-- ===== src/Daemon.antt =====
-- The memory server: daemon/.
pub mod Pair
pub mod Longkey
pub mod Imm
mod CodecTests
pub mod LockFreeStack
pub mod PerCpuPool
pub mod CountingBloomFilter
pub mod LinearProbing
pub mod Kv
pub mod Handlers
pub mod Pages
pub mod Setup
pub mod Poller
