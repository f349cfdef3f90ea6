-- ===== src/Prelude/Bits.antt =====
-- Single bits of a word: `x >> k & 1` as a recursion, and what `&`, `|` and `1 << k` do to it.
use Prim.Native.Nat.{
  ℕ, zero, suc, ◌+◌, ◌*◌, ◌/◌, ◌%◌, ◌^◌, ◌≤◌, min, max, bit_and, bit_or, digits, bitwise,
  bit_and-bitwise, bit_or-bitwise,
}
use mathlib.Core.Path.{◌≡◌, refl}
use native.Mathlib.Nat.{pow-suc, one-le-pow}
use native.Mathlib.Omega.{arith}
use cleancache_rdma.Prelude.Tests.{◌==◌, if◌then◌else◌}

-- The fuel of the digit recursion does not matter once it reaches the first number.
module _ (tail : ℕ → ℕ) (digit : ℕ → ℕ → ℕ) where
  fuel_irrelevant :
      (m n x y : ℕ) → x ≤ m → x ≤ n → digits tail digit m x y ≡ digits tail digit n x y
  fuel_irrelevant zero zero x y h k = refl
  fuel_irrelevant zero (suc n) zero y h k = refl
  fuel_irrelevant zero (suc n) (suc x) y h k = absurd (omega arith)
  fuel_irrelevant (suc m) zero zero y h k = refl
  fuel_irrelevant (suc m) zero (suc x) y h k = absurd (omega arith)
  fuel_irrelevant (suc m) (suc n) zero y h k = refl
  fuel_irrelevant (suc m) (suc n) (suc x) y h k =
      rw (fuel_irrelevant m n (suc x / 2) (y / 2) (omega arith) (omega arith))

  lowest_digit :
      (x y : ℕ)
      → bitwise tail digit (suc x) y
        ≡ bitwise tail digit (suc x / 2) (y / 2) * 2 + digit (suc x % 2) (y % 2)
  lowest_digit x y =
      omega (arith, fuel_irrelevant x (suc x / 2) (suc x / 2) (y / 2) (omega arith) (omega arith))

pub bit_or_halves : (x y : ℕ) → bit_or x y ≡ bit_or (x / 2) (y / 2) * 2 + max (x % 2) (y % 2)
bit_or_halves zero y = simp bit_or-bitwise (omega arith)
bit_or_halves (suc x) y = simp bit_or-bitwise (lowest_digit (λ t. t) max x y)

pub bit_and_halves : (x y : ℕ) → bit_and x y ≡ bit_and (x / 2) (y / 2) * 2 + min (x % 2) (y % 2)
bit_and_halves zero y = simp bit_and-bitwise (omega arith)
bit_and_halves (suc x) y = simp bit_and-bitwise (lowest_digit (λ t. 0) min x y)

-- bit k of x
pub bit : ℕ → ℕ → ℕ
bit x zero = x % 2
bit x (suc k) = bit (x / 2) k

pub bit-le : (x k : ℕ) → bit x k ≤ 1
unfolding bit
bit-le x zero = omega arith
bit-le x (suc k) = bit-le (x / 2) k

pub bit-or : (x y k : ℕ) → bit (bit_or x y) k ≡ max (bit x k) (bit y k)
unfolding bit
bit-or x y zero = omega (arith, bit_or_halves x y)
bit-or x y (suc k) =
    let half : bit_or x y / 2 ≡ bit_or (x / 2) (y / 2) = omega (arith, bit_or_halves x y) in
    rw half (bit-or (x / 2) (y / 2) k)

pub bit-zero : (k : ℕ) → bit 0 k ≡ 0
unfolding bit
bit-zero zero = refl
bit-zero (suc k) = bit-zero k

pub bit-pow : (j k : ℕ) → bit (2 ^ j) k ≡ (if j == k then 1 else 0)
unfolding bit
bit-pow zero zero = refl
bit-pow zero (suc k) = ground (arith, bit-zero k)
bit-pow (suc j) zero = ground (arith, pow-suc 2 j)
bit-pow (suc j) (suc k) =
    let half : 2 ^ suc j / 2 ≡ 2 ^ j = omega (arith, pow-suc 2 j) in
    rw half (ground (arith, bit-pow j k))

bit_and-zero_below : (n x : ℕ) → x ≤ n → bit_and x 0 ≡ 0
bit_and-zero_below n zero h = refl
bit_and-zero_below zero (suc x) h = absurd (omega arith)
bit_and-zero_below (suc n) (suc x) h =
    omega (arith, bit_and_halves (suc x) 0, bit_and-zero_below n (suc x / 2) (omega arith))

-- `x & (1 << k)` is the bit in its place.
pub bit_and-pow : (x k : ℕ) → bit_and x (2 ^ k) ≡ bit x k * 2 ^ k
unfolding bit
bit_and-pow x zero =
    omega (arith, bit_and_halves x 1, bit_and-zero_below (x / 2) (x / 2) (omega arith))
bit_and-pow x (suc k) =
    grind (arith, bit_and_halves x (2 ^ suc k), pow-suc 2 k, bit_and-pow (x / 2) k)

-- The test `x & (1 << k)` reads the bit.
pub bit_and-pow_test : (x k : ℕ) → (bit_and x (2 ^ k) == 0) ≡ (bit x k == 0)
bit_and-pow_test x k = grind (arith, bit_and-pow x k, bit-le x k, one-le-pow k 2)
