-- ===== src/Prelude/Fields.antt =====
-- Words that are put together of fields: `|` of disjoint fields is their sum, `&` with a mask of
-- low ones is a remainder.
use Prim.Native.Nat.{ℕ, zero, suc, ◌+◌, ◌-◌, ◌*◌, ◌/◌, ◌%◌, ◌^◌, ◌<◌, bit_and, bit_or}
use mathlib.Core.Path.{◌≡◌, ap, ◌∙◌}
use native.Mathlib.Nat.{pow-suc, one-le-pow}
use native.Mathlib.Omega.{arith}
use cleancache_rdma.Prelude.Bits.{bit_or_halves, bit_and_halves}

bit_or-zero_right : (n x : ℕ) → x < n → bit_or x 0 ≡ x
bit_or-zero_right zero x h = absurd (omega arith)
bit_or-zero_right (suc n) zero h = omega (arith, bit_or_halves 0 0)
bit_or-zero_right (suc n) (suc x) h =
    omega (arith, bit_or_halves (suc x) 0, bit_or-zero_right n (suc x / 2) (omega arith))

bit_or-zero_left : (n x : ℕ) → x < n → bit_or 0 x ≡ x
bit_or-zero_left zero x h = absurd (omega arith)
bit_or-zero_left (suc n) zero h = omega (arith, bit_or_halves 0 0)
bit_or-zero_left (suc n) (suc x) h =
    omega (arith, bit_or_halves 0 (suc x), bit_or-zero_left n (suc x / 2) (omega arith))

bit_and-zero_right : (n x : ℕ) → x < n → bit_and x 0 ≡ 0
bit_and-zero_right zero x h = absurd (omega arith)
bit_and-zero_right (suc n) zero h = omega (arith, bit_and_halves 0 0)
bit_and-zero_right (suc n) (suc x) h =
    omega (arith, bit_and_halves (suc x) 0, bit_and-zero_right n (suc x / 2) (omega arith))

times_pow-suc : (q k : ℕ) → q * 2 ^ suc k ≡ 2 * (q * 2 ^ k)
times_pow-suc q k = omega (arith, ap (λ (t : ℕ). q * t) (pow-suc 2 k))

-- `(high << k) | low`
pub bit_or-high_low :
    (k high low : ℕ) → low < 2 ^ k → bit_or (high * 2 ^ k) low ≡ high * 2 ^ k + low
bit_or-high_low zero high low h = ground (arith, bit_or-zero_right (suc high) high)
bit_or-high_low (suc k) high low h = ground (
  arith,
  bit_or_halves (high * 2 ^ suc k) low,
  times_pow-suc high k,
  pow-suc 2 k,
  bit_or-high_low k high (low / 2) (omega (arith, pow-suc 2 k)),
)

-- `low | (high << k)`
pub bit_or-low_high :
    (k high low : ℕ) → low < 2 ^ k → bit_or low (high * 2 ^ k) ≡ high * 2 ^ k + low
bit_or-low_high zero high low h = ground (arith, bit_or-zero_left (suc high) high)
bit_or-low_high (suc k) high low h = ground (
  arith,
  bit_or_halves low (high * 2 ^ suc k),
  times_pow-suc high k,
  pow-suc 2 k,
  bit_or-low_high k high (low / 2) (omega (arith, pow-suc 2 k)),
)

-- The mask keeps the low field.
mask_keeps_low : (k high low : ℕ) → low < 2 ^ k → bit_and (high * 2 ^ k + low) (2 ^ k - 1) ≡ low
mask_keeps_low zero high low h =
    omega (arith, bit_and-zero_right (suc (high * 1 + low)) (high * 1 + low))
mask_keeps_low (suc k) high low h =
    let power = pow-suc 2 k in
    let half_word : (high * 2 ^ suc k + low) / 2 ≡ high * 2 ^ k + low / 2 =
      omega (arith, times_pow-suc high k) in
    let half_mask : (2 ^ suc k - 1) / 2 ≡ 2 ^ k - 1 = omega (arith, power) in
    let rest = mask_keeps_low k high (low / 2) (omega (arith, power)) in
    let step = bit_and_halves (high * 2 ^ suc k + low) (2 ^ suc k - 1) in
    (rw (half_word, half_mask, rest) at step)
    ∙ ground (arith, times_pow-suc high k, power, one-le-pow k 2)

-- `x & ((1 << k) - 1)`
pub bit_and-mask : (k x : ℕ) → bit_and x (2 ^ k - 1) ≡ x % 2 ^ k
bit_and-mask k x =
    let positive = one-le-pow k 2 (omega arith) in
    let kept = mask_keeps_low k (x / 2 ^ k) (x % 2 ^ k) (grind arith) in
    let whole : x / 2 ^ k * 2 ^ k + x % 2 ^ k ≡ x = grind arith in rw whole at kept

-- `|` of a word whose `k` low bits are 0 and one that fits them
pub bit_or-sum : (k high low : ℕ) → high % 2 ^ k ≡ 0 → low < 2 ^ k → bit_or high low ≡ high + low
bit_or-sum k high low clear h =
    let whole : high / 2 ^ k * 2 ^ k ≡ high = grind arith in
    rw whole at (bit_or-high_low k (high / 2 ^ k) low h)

━━━━━━━━━━━━━━━━━━━━

**EXERCISE DIRECTIONS**. The answer is a count and nothing more: lines above that contain "Prim".

**EXERCISE ANSWER**. 2